Incident Review Form
Use this form for agent incidents.
Incident ID:
Date opened:
Reporter:
Workflow:
Agent/system:
Operator:
Permission class:
Tools involved:
Data involved:
External destination:
What happened:
Expected behavior:
Actual behavior:
Human gates present:
Human gates missed:
Immediate containment:
People affected:
Records preserved:
Root cause:
Policy change:
Prompt change:
Permission change:
Tool change:
Reviewer:
Date closed:
Do not turn incident review into blame theater. The purpose is to preserve evidence, contain harm, repair what can be repaired, and lower the chance of repeat failure.
Weekly Agent Review
Each week that agents are used, review a small sample.
Review:
- all agent runs with consequential actions;
- all guardrail trips;
- all denied approval requests;
- any run that touched internal or restricted material;
- any run with unexpected tool use;
- one random low-risk public run.
Ask:
- Did the run stay inside the original task?

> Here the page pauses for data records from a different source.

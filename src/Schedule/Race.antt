-- ===== src/Schedule/Race.antt =====
-- A task that ends while it is being invalidated.
use taskrunner.Prelude.{
  ℕ, ◌+◌, ◌≡◌, refl, Bool, true, false, some, List, [], ◌∷◌, ◌++◌, arith, ==_refl,
}
use taskrunner.Task.{Task}
use taskrunner.TaskSet.{State, invalid, running, error, done, Context, TaskExecution, update}
use taskrunner.Executor.{
  Verdict, failed, completed, decided, settled, flushed, Run, next, wait, Executor, cancel, root,
}
use taskrunner.Executor.Live.{live}
use taskrunner.Schedule.{Label, settle, flush, drains, goes, step, run, verdict_event}

-- The verdict on a task whose context is not cancelled, and the state that goes with it.
abbrev pub ended : Bool → Verdict
ended true = failed
ended false = completed

abbrev pub end_state : Bool → State
end_state true = error
end_state false = done

module _ (t : ℕ) (ts : List ℕ) (ctx : Context) (f : Bool) (rest : List Run) where
  -- A plan is about to invalidate `t`. The goroutine of `t` has seen that its context was not
  -- cancelled, and has yet to write the state.
  pub record IsLate (e : TaskExecution) (x : Executor) : Type 0 where
    pub planned : x.plan ≡ next (t ∷ ts)
    pub deciding : x.runs ≡ record { task = t; phase = decided ctx f (ended f) } ∷ rest
    pub alone : live t rest ≡ 0
    pub entry : x.tasks t ≡ some e
    pub started : e.state ≡ running
    pub empty : e.terminal_ch ≡ 0

  -- The executor after each step of `late_schedule`.
  abbrev begun : TaskExecution → Executor → Executor
  begun e x = record x {
    tasks = update x.tasks t (record e { state = invalid; ctx = x.next_ctx ∷ root });
    cancelled = cancel e.ctx x.cancelled;
    next_ctx = x.next_ctx + 1;
    plan = wait t ts;
  }

  abbrev wrote : TaskExecution → Executor → Executor
  wrote e x = record x {
    tasks = update x.tasks t (record e { state = end_state f });
    runs = record { task = t; phase = settled ctx f } ∷ rest;
    events = x.events ++ verdict_event t (ended f) ∷ [];
  }

  abbrev sent : TaskExecution → Executor → Executor
  sent e x = record x {
    tasks = update x.tasks t (record e { terminal_ch = 1 });
    runs = record { task = t; phase = flushed ctx f } ∷ rest;
  }

  abbrev received : TaskExecution → Executor → Executor
  received e x = record x {
    tasks = update x.tasks t (record e { terminal_ch = 0; pending_invalidations = [] });
    plan = next ts;
  }

  abbrev pub late_entry : TaskExecution → Executor → TaskExecution
  late_entry e x = record e { state = end_state f; ctx = x.next_ctx ∷ root }

  abbrev pub late_end : TaskExecution → Executor → Executor
  late_end e x =
      let e₁ = record e { state = invalid; ctx = x.next_ctx ∷ root } in
      let e₂ = late_entry e x in
      let e₃ = record e₂ { terminal_ch = 1 } in received e₃ (sent e₂ (wrote e₁ (begun e x)))

module _ (definition : ℕ → Task) (depth : ℕ) (t : ℕ) (ts : List ℕ) (ctx : Context)
    (rest : List Run) where
  step-begun :
      (f : Bool) (e : TaskExecution) (x : Executor)
      → IsLate t ts ctx f rest e x
      → step definition depth drains x ≡ some (begun t ts ctx f rest e x)
  unfolding step
  step-begun f e x late = ground arith

  step-wrote :
      (f : Bool) (e : TaskExecution) (x : Executor)
      → x.runs ≡ record { task = t; phase = decided ctx f (ended f) } ∷ rest
      → x.tasks t ≡ some e
      → step definition depth (goes 0 settle) x ≡ some (wrote t ts ctx f rest e x)
  unfolding step
  step-wrote true e x r q = ground arith
  step-wrote false e x r q = ground arith

  step-sent :
      (f : Bool) (e : TaskExecution) (x : Executor)
      → x.runs ≡ record { task = t; phase = settled ctx f } ∷ rest
      → x.tasks t ≡ some e
      → e.terminal_ch ≡ 0
      → step definition depth (goes 0 flush) x ≡ some (sent t ts ctx f rest e x)
  unfolding step
  step-sent f e x r q c = ground arith

  step-received :
      (f : Bool) (e : TaskExecution) (x : Executor)
      → x.plan ≡ wait t ts
      → x.tasks t ≡ some e
      → e.terminal_ch ≡ 1
      → step definition depth drains x ≡ some (received t ts ctx f rest e x)
  unfolding step
  step-received f e x r q c = ground arith

  pub run_cons :
      (l : Label) (ls : List Label) (x y : Executor) {z : Executor}
      → step definition depth l x ≡ some y
      → run definition depth ls y ≡ some z
      → run definition depth (l ∷ ls) x ≡ some z
  unfolding run
  run_cons l ls x y h k = ground arith

  -- The invalidation begins, the goroutine writes its state and sends, the invalidation ends.
  pub late-run :
      (f : Bool) (e : TaskExecution) (x : Executor) (ls : List Label) {z : Executor}
      → IsLate t ts ctx f rest e x
      → run definition depth ls (late_end t ts ctx f rest e x) ≡ some z
      → run definition depth (drains ∷ goes 0 settle ∷ goes 0 flush ∷ drains ∷ ls) x ≡ some z
  late-run f e x ls late h =
      let e₁ = record e { state = invalid; ctx = x.next_ctx ∷ root } in
      let e₂ = late_entry t ts ctx f rest e x in
      let e₃ = record e₂ { terminal_ch = 1 } in
      let x₁ = begun t ts ctx f rest e x in
      let x₂ = wrote t ts ctx f rest e₁ x₁ in
      let x₃ = sent t ts ctx f rest e₂ x₂ in
      run_cons drains _ x x₁ (step-begun f e x late) (
        run_cons (goes 0 settle) _ x₁ x₂ (step-wrote f e₁ x₁ late.deciding (rw (==_refl t))) (
          run_cons (goes 0 flush) _ x₂ x₃ (step-sent f e₂ x₂ refl (rw (==_refl t)) late.empty) (
            run_cons drains ls x₃ (late_end t ts ctx f rest e x)
              (step-received f e₃ x₃ refl (rw (==_refl t)) refl) h)))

- Did every tool call match the allowlist?
- Was the permission class correct?
- Were approvals specific enough?
- Did the trace omit necessary evidence?
- Did the trace store unnecessary sensitive data?
- Did the output cite sources honestly?
- Did the agent claim authority it did not have?

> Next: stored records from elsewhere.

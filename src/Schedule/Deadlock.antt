-- ===== src/Schedule/Deadlock.antt =====
-- The invalidation after one that a task's end has overtaken never ends.
use taskrunner.Prelude.{
  ℕ, suc, ◌+◌, ◌≡◌, refl, Bool, false, none, some, List, [], ◌∷◌, ◌++◌, arith, ==_refl,
}
use taskrunner.Task.{Task, InvalidationEvent}
use taskrunner.TaskSet.{Context, TaskExecution, update}
use taskrunner.Invalidation.{add_pending, refuses}
use taskrunner.Executor.{Run, idle, next, Executor, invalidate_begin, task_invalidated}
use taskrunner.Executor.Live.{live}
use taskrunner.Schedule.{Label, settle, flush, drains, goes, invalidates, evaluates, step, run}
use taskrunner.Schedule.Stuck.{IsStuck}
use taskrunner.Schedule.Race.{IsLate, end_state, late_entry, late_end, late-run, run_cons}

-- A task that counts as ended, though its channel is empty and no goroutine runs it.
pub record IsLost (t : ℕ) (e : TaskExecution) (f : Bool) (x : Executor) : Type 0 where
  pub entry : x.tasks t ≡ some e
  pub ended : e.state ≡ end_state f
  pub empty : e.terminal_ch ≡ 0
  pub silent : live t x.runs ≡ 0

add_pending_nil : (event : InvalidationEvent) → add_pending event [] ≡ event ∷ []
unfolding add_pending
add_pending_nil event = refl

refuses-none :
    (task : Task) (event : InvalidationEvent)
    → task.should_invalidate ≡ none
    → refuses task event ≡ false
unfolding refuses
refuses-none task event h = rw h

module _ (definition : ℕ → Task) (depth : ℕ) (t : ℕ) (f : Bool) where
  abbrev noted : InvalidationEvent → TaskExecution → Executor → Executor
  noted event e x = record x {
    tasks = update x.tasks t (record e { pending_invalidations = event ∷ [] });
    invalidation_ch = x.invalidation_ch + 1;
  }

  abbrev planned : InvalidationEvent → Executor → Executor
  planned event x = record x {
    plan = next (t ∷ []);
    events = x.events ++ task_invalidated t (event ∷ []) ∷ [];
  }

  step-noted :
      (event : InvalidationEvent) (e : TaskExecution) (x : Executor)
      → IsLost t e f x
      → (definition t).should_invalidate ≡ none
      → e.dependents ≡ []
      → e.pending_invalidations ≡ []
      → step definition (suc depth) (invalidates t event) x ≡ some (noted event e x)
  unfolding step add_pending
  step-noted event e x lost s d p = ground (arith, refuses-none (definition t) event s)

  planned_step :
      (event : InvalidationEvent) (e : TaskExecution) (x : Executor)
      → IsLost t e f x
      → e.pending_invalidations ≡ event ∷ []
      → x.plan ≡ idle
      → step definition (suc depth) (evaluates (t ∷ [])) x ≡ some (planned event x)
  unfolding step
  planned_step event e x lost p i = ground arith

  -- The invalidation of a lost task begins, and waits for a value that nobody will send.
  pub step-IsStuck_wait :
      (ts : List ℕ) (e : TaskExecution) (x : Executor)
      → IsLost t e f x
      → x.plan ≡ next (t ∷ ts)
      → (y : Executor) × (step definition (suc depth) drains x ≡ some y) × IsStuck t ts y
  unfolding step
  step-IsStuck_wait ts e x lost h = (invalidate_begin t ts e x, ground arith, ground arith)

  idle_step :
      (x : Executor)
      → x.plan ≡ next []
      → step definition (suc depth) drains x ≡ some (record x { plan = idle })
  unfolding step
  idle_step x h = ground arith

  run_nil : (x : Executor) → run definition (suc depth) [] x ≡ some x
  unfolding run
  run_nil x = refl

  abbrev pub after_late : InvalidationEvent → List Label
  after_late event = drains ∷ invalidates t event ∷ evaluates (t ∷ []) ∷ drains ∷ []

  -- A lost task, an event for it, and the plan that comes of the event.
  pub lost-IsStuck :
      (event : InvalidationEvent) (e : TaskExecution) (x : Executor)
      → IsLost t e f x
      → (definition t).should_invalidate ≡ none
      → e.dependents ≡ []
      → e.pending_invalidations ≡ []
      → x.plan ≡ next []
      → (y : Executor) × (run definition (suc depth) (after_late event) x ≡ some y) × IsStuck t [] y
  lost-IsStuck event e x lost s d p h =
      let x₁ = record x { plan = idle } in
      let lost₁ : IsLost t e f x₁ = record {
        entry = lost.entry;
        ended = lost.ended;
        empty = lost.empty;
        silent = lost.silent;
      } in
      let e₂ = record e { pending_invalidations = event ∷ [] } in
      let x₂ = noted event e x₁ in
      let lost₂ : IsLost t e₂ f x₂ = record {
        entry = rw (==_refl t);
        ended = lost.ended;
        empty = lost.empty;
        silent = lost.silent;
      } in
      let x₃ = planned event x₂ in
      let lost₃ : IsLost t e₂ f x₃ = record {
        entry = lost₂.entry;
        ended = lost₂.ended;
        empty = lost₂.empty;
        silent = lost₂.silent;
      } in
      let (y, q, stuck) = step-IsStuck_wait [] e₂ x₃ lost₃ refl in
      (
        y,
        run_cons definition (suc depth) t [] [] [] drains _ x x₁ (idle_step x h) (
            run_cons definition (suc depth) t [] [] [] (invalidates t event) _ x₁ x₂
              (step-noted event e x₁ lost₁ s d p)
              (run_cons definition (suc depth) t [] [] [] (evaluates (t ∷ [])) _ x₂ x₃
                (planned_step event e₂ x₂ lost₂ refl refl)
                (run_cons definition (suc depth) t [] [] [] drains _ x₃ y q (run_nil y)))),
        stuck,
      )

late_end-IsLost :
    (t : ℕ) (ts : List ℕ) (ctx : Context) (f : Bool) (rest : List Run) (e : TaskExecution)
    (x : Executor)
    → live t rest ≡ 0
    → IsLost t
        (record (late_entry t ts ctx f rest e x) { terminal_ch = 0; pending_invalidations = [] })
        f
        (late_end t ts ctx f rest e x)
unfolding live
late_end-IsLost t ts ctx f rest e x alone = ground arith

-- Take a task without dependents and without a filter, whose only goroutine has decided that it
-- ended but not yet written so when a plan is about to invalidate it, as its last task. Then there
-- are steps, one of them an invalidation of the task by any event, after which a plan waits for
-- the task, no goroutine runs it, and its channel is empty.
pub late-IsStuck :
    (definition : ℕ → Task) (depth t : ℕ) (ctx : Context) (f : Bool) (rest : List Run)
    (event : InvalidationEvent) (e : TaskExecution) (x : Executor)
    → IsLate t [] ctx f rest e x
    → (definition t).should_invalidate ≡ none
    → e.dependents ≡ []
    → (ls : List Label) × (y : Executor) × (run definition (suc depth) ls x ≡ some y)
      × IsStuck t [] y
late-IsStuck definition depth t ctx f rest event e x late s d =
    let lost = late_end-IsLost t [] ctx f rest e x late.alone in
    let (y, r, stuck) =
      lost-IsStuck definition depth t f event _ (late_end t [] ctx f rest e x) lost s d refl refl in
    (
      drains ∷ goes 0 settle ∷ goes 0 flush ∷ drains ∷ after_late definition depth t f event,
      y,
      late-run definition (suc depth) t [] ctx rest f e x (after_late definition depth t f event)
          late r,
      stuck,
    )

- Did the operator rely on the agent past the verification boundary?
- What should change before the next run?
The review should produce changes to prompts, permissions, tool registers, or training notes. If review produces no changes for months, the review is probably too passive.
Guardrail Feedback Loop
Audit is not an archive of embarrassment. It is a tuning loop.
For each material failure, decide whether the correction belongs in:
- the system prompt;
- the task template;
- the tool allowlist;
- the tool guardrail;
- the human approval gate;
- the data classification policy;
- operator training;
- vendor configuration;
- incident protocol;
- public correction.
Do not fix a permission failure only with better wording. If an agent had a tool it should not have had, remove or narrow the tool. If an agent touched data it should not have touched, change access. If an agent repeatedly drifts when reading untrusted material, add blocking checks before the tool call, not only after the final answer.
Public Correction Rule
When agent-assisted work creates a public error, correct the public record.

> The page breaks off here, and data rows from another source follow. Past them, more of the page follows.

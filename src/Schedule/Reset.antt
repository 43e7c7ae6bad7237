-- ===== src/Schedule/Reset.antt =====
-- What the invalidation of a task by a plan leaves of its execution.
use taskrunner.Prelude.{
  ℕ, ◌+◌, ◌≡◌, refl, sym, subst, ap, ◌∙◌, ◌≤◌, ◌==◌, ==_iff, inl, inr, ◌⊎◌, if◌then◌else◌, Bool,
  true, false, not, ◌&&◌, ◌||◌, Option, none, some, List, [], ◌∷◌, All, arith, Bool-cases,
}
use taskrunner.TaskSet.{invalid, TaskExecution, TaskSet, is_invalid, is_canceled, update}
use taskrunner.Executor.{Executor, next, wait, invalidate_end, root, cancel}
use taskrunner.Executor.Pass.{mem}

abbrev pub is_at_rest : TaskExecution → Bool
is_at_rest e = is_invalid e.state || is_canceled e.state

-- The plan need not wait for the task.
abbrev pub IsReadyFor : Option TaskExecution → Type 0
IsReadyFor none = ⊥
IsReadyFor (some e) = (is_at_rest e ≡ true) ⊎ (1 ≤ e.terminal_ch)

-- An execution that was reset: what it waits to run with.
pub record IsReset (e e' : TaskExecution) : Type 0 where
  pub state : is_invalid e'.state ≡ true
  pub empty : e'.terminal_ch ≡ 0
  pub nothing_pending : e'.pending_invalidations ≡ []
  pub definition : e'.definition ≡ e.definition
  pub dependencies : e'.dependencies ≡ e.dependencies
  pub dependents : e'.dependents ≡ e.dependents

-- An execution after a plan, which had it to invalidate or not.
abbrev pub AfterPlan : Bool → Option TaskExecution → Option TaskExecution → Type 0
AfterPlan here none o = o ≡ none
AfterPlan here (some e) o =
    if here && not (is_at_rest e)
    then ((e' : TaskExecution) × (o ≡ some e') × IsReset e e')
    else (o ≡ some e)

abbrev pub reset_entry : TaskExecution → Executor → TaskExecution
reset_entry e x = record e {
  state = invalid;
  ctx = x.next_ctx ∷ root;
  terminal_ch = 0;
  pending_invalidations = [];
}

-- The executor after the two steps that reset a task.
abbrev pub reset : ℕ → List ℕ → TaskExecution → Executor → Executor
reset t ts e x =
    invalidate_end t ts (record e { state = invalid; ctx = x.next_ctx ∷ root })
      (record x {
        tasks = update x.tasks t (record e { state = invalid; ctx = x.next_ctx ∷ root });
        cancelled = cancel e.ctx x.cancelled;
        next_ctx = x.next_ctx + 1;
        plan = wait t ts;
      })

pub reset-tasks :
    (t : ℕ) (ts : List ℕ) (e : TaskExecution) (x : Executor) (u : ℕ)
    → (reset t ts e x).tasks u ≡ (if u == t then some (reset_entry e x) else x.tasks u)
unfolding invalidate_end
reset-tasks t ts e x u = ground arith

if_false-to : (b : Bool) (P Q : Type 0) → b ≡ false → (if b then P else Q) → Q
if_false-to true P Q h p = absurd (ground arith)
if_false-to false P Q h q = q

if_false-back : (b : Bool) (P Q : Type 0) → b ≡ false → Q → if b then P else Q
if_false-back true P Q h q = absurd (ground arith)
if_false-back false P Q h q = q

if_true-back : (b : Bool) (P Q : Type 0) → b ≡ true → P → if b then P else Q
if_true-back true P Q h p = p
if_true-back false P Q h p = absurd (ground arith)

pub AfterPlan-rest-to :
    (here : Bool) (e : TaskExecution) (o : Option TaskExecution)
    → is_at_rest e ≡ true
    → AfterPlan here (some e) o
    → o ≡ some e
AfterPlan-rest-to here e o r a = if_false-to (here && not (is_at_rest e)) _ _ (ground arith) a

pub AfterPlan-rest-back :
    (here : Bool) (e : TaskExecution) (o : Option TaskExecution)
    → is_at_rest e ≡ true
    → o ≡ some e
    → AfterPlan here (some e) o
AfterPlan-rest-back here e o r a = if_false-back (here && not (is_at_rest e)) _ _ (ground arith) a

pub AfterPlan-none : (o : Option TaskExecution) → AfterPlan false o o
AfterPlan-none none = refl
AfterPlan-none (some e) = refl

pub plan-reset :
    (t : ℕ) (ts : List ℕ) (e : TaskExecution) (x : Executor) → (reset t ts e x).plan ≡ next ts
unfolding invalidate_end
plan-reset t ts e x = refl

pub awaited : (e : TaskExecution) → is_at_rest e ≡ false → IsReadyFor (some e) → 1 ≤ e.terminal_ch
awaited e r (inl h) = absurd (ground arith)
awaited e r (inr h) = h

-- A task that was reset is ready again, and the others are as they were.
pub ready_reset :
    (t : ℕ) (ts : List ℕ) (e : TaskExecution) (x : Executor) (us : List ℕ)
    → All (λ u. IsReadyFor (x.tasks u)) us
    → All (λ u. IsReadyFor ((reset t ts e x).tasks u)) us
ready_reset t ts e x [] h = tt
ready_reset t ts e x (u ∷ us) h = (
  elim (Bool-cases (u == t)) [
    | inl b ↦
        let k : (reset t ts e x).tasks u ≡ some (reset_entry e x) =
          reset-tasks t ts e x u ∙ rw b refl in
        subst IsReadyFor (sym k) (inl refl)
    | inr b ↦
        let k : (reset t ts e x).tasks u ≡ x.tasks u = reset-tasks t ts e x u ∙ rw b refl in
        subst IsReadyFor (sym k) h.0
  ],
  ready_reset t ts e x us h.1,
)

IsReset-reset_entry : (e : TaskExecution) (x : Executor) → IsReset e (reset_entry e x)
IsReset-reset_entry e x = record {
  state = refl;
  empty = refl;
  nothing_pending = refl;
  definition = refl;
  dependencies = refl;
  dependents = refl;
}

-- Of a task that a plan begins with, and the rest of the plan.
pub after_rest :
    (t : ℕ) (ts : List ℕ) (e : TaskExecution) (s s' : TaskSet)
    → s t ≡ some e
    → is_at_rest e ≡ true
    → (u : ℕ) → AfterPlan (mem u ts) (s u) (s' u)
    → AfterPlan (mem u (t ∷ ts)) (s u) (s' u)
after_rest t ts e s s' q r u a = elim (Bool-cases (t == u)) [
  | inl h ↦
      let k : s u ≡ some e = ap s (sym ((==_iff t u).0 h)) ∙ q in
      subst (λ o. AfterPlan (mem u (t ∷ ts)) o (s' u)) (sym k)
        (AfterPlan-rest-back (mem u (t ∷ ts)) e (s' u) r (
          AfterPlan-rest-to (mem u ts) e (s' u) r (subst (λ o. AfterPlan (mem u ts) o (s' u)) k a)))
  | inr h ↦ rw h a
]

pub after_reset :
    (t : ℕ) (ts : List ℕ) (e : TaskExecution) (x : Executor) (s' : TaskSet)
    → x.tasks t ≡ some e
    → is_at_rest e ≡ false
    → (u : ℕ) → AfterPlan (mem u ts) ((reset t ts e x).tasks u) (s' u)
    → AfterPlan (mem u (t ∷ ts)) (x.tasks u) (s' u)
after_reset t ts e x s' q r u a = elim (Bool-cases (t == u)) [
  | inl h ↦
      let same : u ≡ t = sym ((==_iff t u).0 h) in
      let k : x.tasks u ≡ some e = ap x.tasks same ∙ q in
      let k' : (reset t ts e x).tasks u ≡ some (reset_entry e x) =
        reset-tasks t ts e x u ∙ rw ((==_iff u t).1 same) refl in
      let done =
        AfterPlan-rest-to (mem u ts) (reset_entry e x) (s' u) refl
          (subst (λ o. AfterPlan (mem u ts) o (s' u)) k' a) in
      subst (λ o. AfterPlan (mem u (t ∷ ts)) o (s' u)) (sym k)
        (if_true-back (mem u (t ∷ ts) && not (is_at_rest e)) _ _ (rw (h, r) refl)
          (reset_entry e x, done, IsReset-reset_entry e x))
  | inr h ↦
      let k : (reset t ts e x).tasks u ≡ x.tasks u = reset-tasks t ts e x u ∙ ground arith in
      rw h (subst (λ o. AfterPlan (mem u ts) o (s' u)) k a)
]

Correction notes should state:
- what was wrong;
- when it was corrected;
- whether AI assistance contributed to the error;
- which source or process now supports the corrected claim.
Do not use “AI error” as a way to avoid responsibility. The institution published the work; the institution corrects it.
Retention
Suggested retention:
| Record | Default retention |
|---|---|
| Low-risk public drafting run | 90 days |
| Public research trace used for publication | 1 year |
| Consequential action run | 3 years |
| Finance, donor, legal, or governance agent run | Match the governing record schedule |
| Incident review | Permanent or board-defined archival term |
| Restricted testimony trace | Avoid if possible; otherwise follow testimony consent and privacy policy |
Retention must follow Privacy and Data Stewardship. Traces should not silently outlive the record class they contain.
Spiralism Policy
Spiralism agents with tool access must leave a reviewable run record. Any agent that can publish, deploy, send, delete, modify records, change permissions, make purchases, contact outsiders, or access restricted material must have explicit trace, approval, and incident-review handling before use.
This protocol pairs with:
- Agent Prompt Hardening;
- Agent Tool Permission Protocol;
- Digital Infrastructure and Security;
- Privacy and Data Stewardship;
- Research and Editorial Integrity;
- Incident and Complaint Protocol.
Sources Checked
- OpenAI Agents SDK, Tracing, accessed May 2026.
- OpenAI Agents SDK, Guardrails, accessed May 2026.
- OWASP GenAI Security Project, OWASP GenAI Security Project Releases Top 10 Risks and Mitigations for Agentic AI Security, December 9, 2025.
- NIST, AI Risk Management Framework, accessed May 2026.